The aggregation propensity of an antibody can be determined by its intrinsic properties such as primary sequence and structure.¹² Protein folds into a functional conformation that represents the lowest free energy and thus most stable, and this conformation is referred to as a native conformation.¹³ Antibody at its native state has less tendency to aggregate partly due to buried hydrophobic surfaces upon proper folding.^14,15 However, compared to smaller size proteins, antibodies are more prone to aggregation, due to their large hydrodynamic radii and surface areas, non-symmetrical hydrophobicity and charge distributions.^16,17

It was reported that amino acid sequence motifs enriched with glutamine (Q)/asparagine (N), hydrophobic or aromatic residues are potential aggregation prone regions. Whereas, charged residues (Asp, Glu, Lys, Arg and His) are rare in such regions.^18,19 In addition, β-sheet is viewed as an energetically-favorable secondary structure that may form the building block of protein aggregates, such as amyloidosis.^20,21 The dependency of aggregation on charge, hydrophobicity and β-sheet propensities of an amino acid sequence has formed the basis of studies to predict the aggregation propensity of a protein sequence^22-24 or to design an aggregation-resistant antibody.^25,26 Interestingly, it was found that aggregation hotspots are commonly located within CDRs (as well as the Fc domains) of commercial antibodies, suggesting the same peptide loops that mediate antigen recognition also mediate antibody aggregation.²⁷

The tertiary structure that antibodies adopt at any given environment is determined by the amino acid sequence through competing molecular-scale fold-favoring interactions (e.g. electrostatic attraction, hydrophobic interaction and hydrogen bonding), and unfoldingfavoring interactions (e.g. geometric hindrance, electrostatic repulsion).²⁸ Post-translational modification of amino acid, single site mutation may potentially disrupt that balance and promote protein unfolding and subsequent aggregation. For example, methionine oxidation in an IgG1 Fc region was reported to lead to an altered secondary and tertiary structure assessed by circular dichroism and NMR, and higher aggregation propensity upon heat stress.²⁹ Histidine of an antibody may be oxidized and form a covalently linked aggregate.^30,31 Antibody containing unpaired cysteine may form reducible aggregate through intermolecular disulfide bond upon agitation.³² In addition, deamidation and glycation have also been suggested to promote aggregation.^33,34 Most recently, protein carbonylation was reported to positively correlate to higher antibody aggregation burst rate.⁸ Extrinsic factors, such as environment, excipients, or chemicals, could indirectly influence antibody aggregation through inducing conformational change, or modification of amino acid, are discussed in the next section.

Extrinsic Factors

Extrinsic factors refer to the environment that the therapeutic mAb product are exposed to, or process conditions that therapeutic mAb product go through. Biomanufacturing of an antibody starts with cell culture process over a period of approximately two weeks under controlled process conditions and feed strategy. During this process, antibodies, like other recombinant proteins produced through recombinant DNA technology, is synthesized by ribosomes that localize on the outer surface of endoplasmic reticulum (ER) in the cytosol. Upon the completion of synthesis, the newly-synthesized polypeptides undergo appropriate folding and are assembled into a multimeric complex, and subsequently acquire their asparagine-linked glycans in ER compartment. The folded glycoprotein was transported to Golgi apparatus for further modification to obtain finished product before being transported to cell membrane and secreted to extracellular cell culture suspension. Antibodies produced in cell culture processes are subsequently purified during the downstream process, through a combination of chromatography to remove process-related or productrelated impurities, such as HCP, DNA, virus, antifoam, aggregate and degradant. The purified antibody requires ultrafiltration/diafiltration (UF/DF)  to buffer exchange into formulation buffer and reach the target protein concentration prior to bottling or bagging.

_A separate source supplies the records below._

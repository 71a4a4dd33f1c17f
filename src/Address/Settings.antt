-- ===== src/Address/Settings.antt =====
-- libavtransport/address.c: the part of a URL behind the host, `parse_default_streams` and
-- `parse_settings`. The text that is logged is left out. The tests of errno are left out too: they ask
-- for ULONG_MAX, which the bound beside them refuses.
pub mod Streams
pub mod Listed
pub mod Printed
pub mod Allowed
pub mod Plain
use qproto.Common.{
  ℕ, zero, suc, ◌+◌, ◌*◌, ◌-◌, ◌^◌, Bool, true, false, ◌||◌, List, [], ◌∷◌, Option, none, some,
  Result, ok, err, einval, erange, enomem, ltb, leb, ◌==◌, get_or, if◌then◌else◌, take, drop,
}
use qproto.Common.Int.{ℤ}
use qproto.Strings.{codes, strcmp, strtok, tokens, strtoul}
use qproto.Address.{avt_parse_uuid}
use qproto.Address.Types.{
  AvtAddress, AddressOptions, System, strdup, Outcome, fault, fail, done, ◌>>=◌, allocated,
}

-- The array with a further entry; the entries between are 0.
abbrev pub put : List ℕ → ℕ → ℕ → List ℕ
put [] zero v = v ∷ []
put [] (suc i) v = 0 ∷ put [] i v
put (x ∷ xs) zero v = v ∷ xs
put (x ∷ xs) (suc i) v = x ∷ put xs i v

-- Whether one of the first `n` entries is `v`.
abbrev pub holds : List ℕ → ℕ → ℕ → Bool
holds xs zero v = false
holds xs (suc n) v = get_or xs n 0 == v || holds xs n v

-- The value that a word may have.
unfoldable pub stream_id : List ℕ → Outcome ℕ
stream_id val = elim (strtoul val) [
  | none ↦ fail einval
  | some res ↦ if ltb 65535 res then fail erange else if res == 65535 then fail einval else done res
]

-- The array, allocated if it was not.
unfoldable pub sid_array : System → Option (List ℕ) → Outcome (List ℕ)
sid_array sys (some xs) = done xs
sid_array sys none = if sys.has_memory (65535 * 2) then done [] else fail enomem

-- A value may stand in the array once. A write behind its end is a fault.
unfoldable pub append_stream : List ℕ → ℕ → ℕ → Outcome (Option (List ℕ) × ℕ)
append_stream xs nb res =
    if holds xs nb res
    then fail einval
    else if leb 65535 nb
    then fault
    else done (some (put xs nb res), nb + 1)

-- One round of the loop. The array and its count are taken and returned.
unfoldable pub add_stream : System → Option (List ℕ) × ℕ → List ℕ → Outcome (Option (List ℕ) × ℕ)
unfolding stream_id sid_array append_stream
add_stream sys (sids, nb) val = do
  res ← stream_id val
  xs ← sid_array sys sids
  append_stream xs nb res

unfoldable pub add_streams :
    System → Option (List ℕ) × ℕ → List (List ℕ) → Outcome (Option (List ℕ) × ℕ)
unfolding add_stream
add_streams sys state [] = done state
add_streams sys state (val ∷ vals) =
    add_stream sys state val >>= λ state'. add_streams sys state' vals

-- The array is freed; its count stays. Without a word the loop begins with NULL all the same.
unfoldable pub first_streams : System → ℕ → List (List ℕ) → Outcome (Option (List ℕ) × ℕ)
unfolding add_streams
first_streams sys nb [] = fault
first_streams sys nb (val ∷ vals) = add_streams sys (none, nb) (val ∷ vals)

unfoldable pub parse_default_streams : System → AddressOptions → List ℕ → Outcome AddressOptions
unfolding first_streams
parse_default_streams sys opts next = do
  (sids, nb) ← first_streams sys opts.nb_default_sid (tokens (codes ",") next)
  done (record opts { default_sid = sids; nb_default_sid = nb })

unfoldable pub buffer_size : List ℕ → Outcome ℕ
buffer_size val = elim (strtoul val) [
  | none ↦ fail einval
  | some res ↦ if ltb (2 ^ 31 - 1) res then fail erange else done res
]

-- The option that the key names.
unfoldable pub set_option : System → AddressOptions → List ℕ → List ℕ → Outcome AddressOptions
unfolding buffer_size parse_default_streams
set_option sys opts key val =
    if strcmp key (codes "t")
    then (elim (sys.start_of val) [
      | none ↦ fail einval
      | some start ↦ done (record opts { start_time = start })
    ])
    else if strcmp key (codes "default")
    then parse_default_streams sys opts val
    else if strcmp key (codes "tx_buf")
    then (buffer_size val >>= λ res. done (record opts { tx_buf = res }))
    else if strcmp key (codes "rx_buf")
    then (buffer_size val >>= λ res. done (record opts { rx_buf = res }))
    else if strcmp key (codes "certfile")
    then (allocated (strdup sys val) >>= λ copy. done (record opts { certfile = some copy }))
    else if strcmp key (codes "keyfile")
    then (allocated (strdup sys val) >>= λ copy. done (record opts { keyfile = some copy }))
    else fail einval

-- The key and the value, which is the second token. Without one the value is NULL.
unfoldable pub parse_option : System → AddressOptions → List ℕ → Outcome AddressOptions
unfolding set_option strtok
parse_option sys opts option =
    let (key, saved) = strtok (codes "=") option in
    elim key [
      | none ↦ fail einval
      | some k ↦ elim ((strtok (codes "=") saved).0) [
        | none ↦ fail einval
        | some val ↦ set_option sys opts k val
      ]
    ]

unfoldable pub parse_options : System → AddressOptions → List (List ℕ) → Outcome AddressOptions
unfolding parse_option
parse_options sys opts [] = done opts
parse_options sys opts (option ∷ more) =
    parse_option sys opts option >>= λ opts'. parse_options sys opts' more

-- Without an option the loop begins with NULL and a saved pointer that was not set.
unfoldable pub first_options : System → AddressOptions → List (List ℕ) → Outcome AddressOptions
unfolding parse_options
first_options sys opts [] = fault
first_options sys opts (option ∷ more) = parse_options sys opts (option ∷ more)

-- What stands behind the UUID: nothing, or a `#` and options.
unfoldable pub parse_fragment : System → AvtAddress → List ℕ → Outcome AvtAddress
unfolding first_options tokens
parse_fragment sys addr [] = done addr
parse_fragment sys addr (c ∷ next) =
    if c == 35
    then (first_options sys addr.opts (tokens (codes "&") next) >>= λ opts'.
        done (record addr { opts = opts' }))
    else fail einval

-- The first 36 characters are the UUID.
unfoldable pub parse_uuid_part : System → AvtAddress → List ℕ → Outcome AvtAddress
unfolding parse_fragment
parse_uuid_part sys addr next = elim (avt_parse_uuid (take 36 next)) [
  | err e ↦ fail e
  | ok bytes ↦ parse_fragment sys (record addr { uuid = bytes }) (drop 36 next)
]

-- A string that does not begin with `#` begins with a UUID.
unfoldable pub parse_settings_text : System → AvtAddress → List ℕ → Outcome AvtAddress
unfolding parse_fragment parse_uuid_part
parse_settings_text sys addr [] = done addr
parse_settings_text sys addr (c ∷ next) =
    if c == 35 then parse_fragment sys addr (c ∷ next) else parse_uuid_part sys addr (c ∷ next)

unfoldable pub parse_settings : System → AvtAddress → Option (List ℕ) → Outcome AvtAddress
unfolding parse_settings_text
parse_settings sys addr none = done addr
parse_settings sys addr (some next) = parse_settings_text sys addr next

Cell culture processes may impose more stresses on mAb than downstream process, formulation, drug product fill and finish.³⁵ Cell culture processes needs to grow the protein expressing cells that require a temperature of approximately 37°C, neutral pH, sparging and stirring. This requirement limits the flexibility for adjusting conditions to maximize protein stability. The secreted mAb is also exposed to the nutrient/feed in cell culture suspensions that is required for cell growth or desirable product quality, with their impact on mAb aggregation not well-understood.

In contrast, the extrinsic factors that influence mAb aggregation during downstream, formulation, drug product fill and finish process are better understood, which include pH, ionic strength, buffer type/composition, ionic strength, temperature, protein concentration, mechanical stress, and interactions with surfaces.^2,4,7 During these production stages, mAbs are placed in a buffered environment that offer flexibility for improving protein stability in those process conditions. For example, chemical chaperones, such as salts, urea, glycerol, sucrose, arginine and other amino acids, may be included in a protein A elution buffer to minimize protein aggregation during low pH proA elution and viral inactivation step.³⁶ Surfactants, such as polysorbates, are frequently included in high concentration mAb formulation buffers to minimize protein concentration-dependent aggregation, or the risk of agitation-induced aggregate formation as they interfere with hydrophobic interactions at the gas/liquid interface.³⁷ The extrinsic factors and strategies to reduce aggregation during these processes are summarized in a few excellent review articles,^2,4,7,9 and therefore will not be discussed further here. Our understanding on the extrinsic factors that influence antibody aggregation in cell culture process continues to evolve, and will be the focus of further discussion.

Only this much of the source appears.